The brain is essentially made up of around 100 billion neurons, accompanied by ten times as manynon-neuronal cells (Glial cells). Action potentials generated by these neurons are transmitted between cells as electrical signals. On the other hand, it is known that chemical substances or ions called neurotransmitters move between the tiny voids at the cell-cell junctions and play an important role both in controlling brain functions as chemical signals, as well as in the pathophysiology of the brain. In other words, in order to investigate detailed brain functions and pathologies based on the elucidation of chemical signal transduction mechanisms, it is necessary to develop technology to visualise and measure the dynamics of chemical substances distributed in the extracellular space from a few micrometres (cellular level) to several hundred µm (cell population level). However, most conventional devices for chemical signal detection tend to rely on passing an electric current through a single tiny electrode with a diameter of several tens of microns, or electrodes arranged at intervals of several 100 microns.These barriers to miniaturization and downsizinghave, up to now, prevented the realization of sensors capable of measuring the distribution of chemical information at the micron level.

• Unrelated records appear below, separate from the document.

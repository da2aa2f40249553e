-- ===== src/Go/Text/Trim.antt =====
-- Package strings on texts without white space: what TrimSpace, Cut and Split leave as it is.
use gopher_cni.Go.Text.{
  Text, contains_code, cut, is_empty, is_space, split, trim_left, trim_right, trim_space,
}
use gopher_cni.Prelude.{
  ==_iff, Bool, [], ap, and-true, arith, false, not, or-false, refl, some, true, ℕ, ◌&&◌, ◌++◌,
  ◌==◌, ◌∙◌, ◌∷◌, ◌≡◌,
}

pub cut-append :
    (sep : ℕ) (s t : Text) → contains_code sep s ≡ false → cut sep (s ++ sep ∷ t) ≡ (s, some t)
unfolding cut contains_code
cut-append sep [] t h = rw ((==_iff sep sep).1 refl) refl
cut-append sep (x ∷ s) t h =
    let p = or-false (x == sep) (contains_code sep s) h in rw (p.0, cut-append sep s t p.1) refl

-- A text without the separator is its only field.
pub split-whole : (sep : ℕ) (s : Text) → contains_code sep s ≡ false → split sep s ≡ s ∷ []
unfolding split contains_code
split-whole sep [] h = refl
split-whole sep (x ∷ s) h =
    let p = or-false (x == sep) (contains_code sep s) h in rw (p.0, split-whole sep s p.1) refl

unfoldable pub are_solid : Text → Bool
are_solid [] = true
are_solid (c ∷ s) = not (is_space c) && are_solid s

-- A text that is not empty and has no white space.
abbrev pub IsSolid : Text → Type 0
IsSolid s = (are_solid s ≡ true) × (is_empty s ≡ false)

not-false : (b : Bool) → not b ≡ true → b ≡ false
not-false b h = ground arith

is_empty-append : (s t : Text) → is_empty t ≡ false → is_empty (s ++ t) ≡ false
unfolding is_empty
is_empty-append [] t h = h
is_empty-append (c ∷ s) t h = refl

trim_right-solid : (s : Text) → are_solid s ≡ true → trim_right s ≡ s
unfolding trim_right are_solid
trim_right-solid [] h = refl
trim_right-solid (c ∷ s) h =
    let p = and-true (not (is_space c)) (are_solid s) h in
    rw (not-false (is_space c) p.0, trim_right-solid s p.1) refl

-- Nothing is trimmed from the right where the text ends without white space.
trim_right-append :
    (s t : Text) → trim_right t ≡ t → is_empty t ≡ false → trim_right (s ++ t) ≡ s ++ t
unfolding trim_right
trim_right-append [] t h full = h
trim_right-append (c ∷ s) t h full =
    rw (trim_right-append s t h full, is_empty-append s t full) (ground arith)

trim_right-space : (s : Text) → are_solid s ≡ true → trim_right (s ++ b' ' ∷ []) ≡ s
unfolding trim_right are_solid is_space is_empty
trim_right-space [] h = refl
trim_right-space (c ∷ s) h =
    let p = and-true (not (is_space c)) (are_solid s) h in
    rw (trim_right-space s p.1) (ground (arith, p.0))

trim_left-solid : (c : ℕ) (s : Text) → is_space c ≡ false → trim_left (c ∷ s) ≡ c ∷ s
unfolding trim_left
trim_left-solid c s h = rw h refl

pub trim_space-solid : (s : Text) → are_solid s ≡ true → trim_space s ≡ s
unfolding trim_space are_solid trim_left trim_right
trim_space-solid [] h = refl
trim_space-solid (c ∷ s) h =
    let p = and-true (not (is_space c)) (are_solid s) h in
    ap trim_right (trim_left-solid c s (not-false (is_space c) p.0)) ∙ trim_right-solid (c ∷ s) h

-- One space on either side of such a text is trimmed.
pub trim_space-before : (s : Text) → are_solid s ≡ true → trim_space (b' ' ∷ s) ≡ s
unfolding trim_space trim_left is_space
trim_space-before s h = trim_space-solid s h

pub trim_space-after : (s : Text) → IsSolid s → trim_space (s ++ b' ' ∷ []) ≡ s
unfolding trim_space are_solid is_empty
trim_space-after [] h = cc
trim_space-after (c ∷ s) h =
    let p = and-true (not (is_space c)) (are_solid s) h.0 in
    ap trim_right (trim_left-solid c (s ++ b' ' ∷ []) (not-false (is_space c) p.0))
    ∙ trim_right-space (c ∷ s) h.0

-- What stands between two such texts is not trimmed.
pub trim_space-between :
    (c : ℕ) (s m t : Text)
    → is_space c ≡ false
    → IsSolid t
    → trim_space (c ∷ s ++ (m ++ t)) ≡ c ∷ s ++ (m ++ t)
unfolding trim_space
trim_space-between c s m t first last =
    let tight = trim_right-append m t (trim_right-solid t last.0) last.1 in
    ap trim_right (trim_left-solid c (s ++ (m ++ t)) first)
    ∙ trim_right-append (c ∷ s) (m ++ t) tight (is_empty-append m t last.1)
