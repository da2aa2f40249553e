-- ===== src/Go/Text/Plain.antt =====
-- Texts of digits, dots and slashes, as numbers and IPv4 networks are printed.
use gopher_cni.Go.Text.Trim.{IsSolid, are_solid}
use gopher_cni.Go.Text.{Text, contains_code, is_empty, is_space}
use gopher_cni.Prelude.{
  Bool, [], and-true, arith, false, leb, not, refl, true, ℕ, ◌&&◌, ◌++◌, ◌∷◌, ◌≡◌,
}

-- the code points from '.' to '9', which are '.', '/' and the digits
unfoldable pub is_plain : ℕ → Bool
is_plain c = leb b'.' c && leb c b'9'

unfoldable pub are_plain : Text → Bool
are_plain [] = true
are_plain (c ∷ s) = is_plain c && are_plain s

pub are_plain-append :
    (s t : Text) → are_plain s ≡ true → are_plain t ≡ true → are_plain (s ++ t) ≡ true
unfolding are_plain
are_plain-append [] t h k = k
are_plain-append (c ∷ s) t h k = ground (arith, are_plain-append s t, h, k)

is_plain-solid : (c : ℕ) → is_plain c ≡ true → not (is_space c) ≡ true
unfolding is_plain is_space
is_plain-solid c h = ground (arith, h)

pub are_plain-solid : (s : Text) → are_plain s ≡ true → are_solid s ≡ true
unfolding are_plain are_solid
are_plain-solid [] h = refl
are_plain-solid (c ∷ s) h =
    let p = and-true (is_plain c) (are_plain s) h in
    rw (is_plain-solid c p.0, are_plain-solid s p.1) refl

pub are_plain-IsSolid : (s : Text) → are_plain s ≡ true → is_empty s ≡ false → IsSolid s
are_plain-IsSolid s h full = (are_plain-solid s h, full)

-- Another code point does not occur.
pub are_plain-free :
    (c : ℕ) (s : Text) → is_plain c ≡ false → are_plain s ≡ true → contains_code c s ≡ false
unfolding are_plain contains_code is_plain
are_plain-free c [] other h = refl
are_plain-free c (x ∷ s) other h =
    let p = and-true (is_plain x) (are_plain s) h in
    rw (are_plain-free c s other p.1) (ground (arith, other, p.0))
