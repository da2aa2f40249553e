-- ===== src/Go/Int/Show.antt =====
-- strconv.Itoa of a number that an int can hold, and strconv.Atoi of what it prints.
use gopher_cni.Go.Text.Trim.{IsSolid, are_solid}
use gopher_cni.Go.Int.{
  atoi, decimal, decimal_from, in_range_pos, is_digit, pos, in_range_neg, negate, negsuc, ℤ,
}
use gopher_cni.Go.Text.Plain.{are_plain, is_plain, are_plain-IsSolid, are_plain-solid}
use gopher_cni.Go.Text.{Text, is_empty, is_space}
use gopher_cni.Prelude.{
  Bool-cases, [], ap, arith, false, if◌then◌else◌, inl, inr, leb, ltb, ltb→lt, refl, some, suc,
  true, zero, ℕ, ◌%◌, ◌&&◌, ◌*◌, ◌+◌, ◌-◌, ◌/◌, ◌<◌, ◌==◌, ◌^◌, ◌∙◌, ◌∷◌, ◌≡◌, sym,
}

-- the last `k` digits of a number at most, in front of `rest`
digits : ℕ → ℕ → Text → Text
digits zero n rest = rest
digits (suc k) n rest =
    let more = digits k (n / 10) ((b'0' + n % 10) ∷ rest) in
    if ltb n 10 then (b'0' + n) ∷ rest else more

-- Nineteen digits are enough for every int.
unfoldable pub show_number : ℕ → Text
unfolding digits
show_number n = digits 19 n []

pub digit_read :
    (acc d : ℕ) (s : Text)
    → d < 10
    → decimal_from acc ((b'0' + d) ∷ s) ≡ decimal_from (acc * 10 + d) s
unfolding decimal_from is_digit
digit_read acc d s lt =
    let e : acc * 10 + (b'0' + d - b'0') ≡ acc * 10 + d = omega arith in
    let digit : (leb b'0' (b'0' + d) && leb (b'0' + d) b'9') ≡ true = ground arith in
    rw (digit, e) refl

tenth_lt : (k n : ℕ) → n < 10 ^ suc k → n / 10 < 10 ^ k
tenth_lt k n lt = omega arith

decimal_from-digits :
    (k n : ℕ) (rest : Text) → n < 10 ^ k → decimal_from 0 (digits k n rest) ≡ decimal_from n rest
unfolding digits
decimal_from-digits zero n rest lt = ap (λ (m : ℕ). decimal_from m rest) (omega arith)
decimal_from-digits (suc k) n rest lt = elim (Bool-cases (ltb n 10)) [
  | inl e ↦
      rw e (digit_read 0 n rest (ltb→lt n 10 e) ∙ ap (λ (m : ℕ). decimal_from m rest) (omega arith))
  | inr e ↦ rw e (
      decimal_from-digits k (n / 10) ((b'0' + n % 10) ∷ rest) (tenth_lt k n lt)
      ∙ digit_read (n / 10) (n % 10) rest (omega arith)
      ∙ ap (λ (m : ℕ). decimal_from m rest) (omega arith))
]

-- They begin with a digit.
digits-first :
    (k n : ℕ) (rest : Text)
    → (c : ℕ) × (s : Text) × (digits (suc k) n rest ≡ c ∷ s) × (is_digit c ≡ true)
unfolding digits is_digit
digits-first zero n rest = elim (Bool-cases (ltb n 10)) [
  | inl e ↦ (b'0' + n, rest, rw e refl, ground (arith, e))
  | inr e ↦ (b'0' + n % 10, rest, rw e refl, ground arith)
]
digits-first (suc k) n rest = elim (Bool-cases (ltb n 10)) [
  | inl e ↦ (b'0' + n, rest, rw e refl, ground (arith, e))
  | inr e ↦
      let (c, s, first, digit) = digits-first k (n / 10) ((b'0' + n % 10) ∷ rest) in
      (c, s, rw e first, digit)
]

digits-plain : (k n : ℕ) (rest : Text) → are_plain rest ≡ true → are_plain (digits k n rest) ≡ true
unfolding digits are_plain is_plain
digits-plain zero n rest h = h
digits-plain (suc k) n rest h = elim (Bool-cases (ltb n 10)) [
  | inl e ↦ rw e (ground (arith, h, e))
  | inr e ↦ rw e (digits-plain k (n / 10) ((b'0' + n % 10) ∷ rest) (ground (arith, h)))
]

pub show_number-plain : (n : ℕ) → are_plain (show_number n) ≡ true
unfolding show_number are_plain
show_number-plain n = digits-plain 19 n [] refl

pub show_number-full : (n : ℕ) → is_empty (show_number n) ≡ false
unfolding show_number is_empty
show_number-full n = let (c, s, first, digit) = digits-first 18 n [] in rw first refl

atoi-digit :
    (c : ℕ) (s : Text) → is_digit c ≡ true → atoi (c ∷ s) ≡ in_range_pos (decimal_from 0 (c ∷ s))
unfolding atoi is_digit decimal is_empty
atoi-digit c s h = ground (arith, h)

-- A number that an int can hold is read back from its print.
pub atoi-show_number : (n : ℕ) → n < 2 ^ 63 → atoi (show_number n) ≡ some (pos n)
unfolding show_number in_range_pos decimal_from
atoi-show_number n lt =
    let (c, s, first, digit) = digits-first 18 n [] in
    let read = decimal_from-digits 19 n [] (omega arith) in
    let in_range : ltb n (2 ^ 63) ≡ true = ground arith in
    ap atoi first
    ∙ atoi-digit c s digit
    ∙ ap (λ (t : Text). in_range_pos (decimal_from 0 t)) (sym first)
    ∙ ap in_range_pos read
    ∙ rw in_range refl

decimal-show_number : (n : ℕ) → n < 10 ^ 19 → decimal (show_number n) ≡ some n
unfolding decimal show_number decimal_from
decimal-show_number n lt = let full = show_number-full n in rw full (decimal_from-digits 19 n [] lt)

-- strconv.Itoa
unfoldable pub show_int : ℤ → Text
show_int (pos n) = show_number n
show_int (negsuc n) = b'-' ∷ show_number (n + 1)

-- the values of an int
abbrev pub IsInt : ℤ → Type 0
IsInt (pos n) = n < 2 ^ 63
IsInt (negsuc n) = n < 2 ^ 63

pub show_int-IsSolid : (z : ℤ) → IsSolid (show_int z)
unfolding show_int are_solid is_space is_empty
show_int-IsSolid (pos n) =
    are_plain-IsSolid (show_number n) (show_number-plain n) (show_number-full n)
show_int-IsSolid (negsuc n) =
    (are_plain-solid (show_number (n + 1)) (show_number-plain (n + 1)), refl)

-- An int is read back from its print.
pub atoi-show_int : (z : ℤ) → IsInt z → atoi (show_int z) ≡ some z
unfolding show_int atoi in_range_neg negate
atoi-show_int (pos n) lt = atoi-show_number n lt
atoi-show_int (negsuc n) lt =
    let read = decimal-show_number (n + 1) (omega arith) in
    let in_range : leb (n + 1) (2 ^ 63) ≡ true = ground arith in
    let positive : (n + 1 == 0) ≡ false = ground arith in
    rw (read, in_range, positive) (ap (λ (m : ℕ). some (negsuc m)) (omega arith))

Professor Sawada's laboratory however, has developed a semiconductor image sensor that captures ion movement like a camera. It achieves this by using semiconductor technology to miniaturise and integrate potential detection elements that are sensitive to hydrogen ions, which has promoted the development of highly functional sensors. The researchers fabricated an imaging device for multisensing in which metal electrodes are formed in a lattice shape at intervals of 6 µm on the developed sensor array, and realized the real-time simultaneous measurement of lactate and hydrogen ions involved in memory formation by applying a recognition element (enzyme) that selectively detects biomolecules. In addition, recognition elements corresponding to biomolecules can be also patterned on the electrode array, enabling the simultaneous multichemical measurement of two or more types of neurotransmitters.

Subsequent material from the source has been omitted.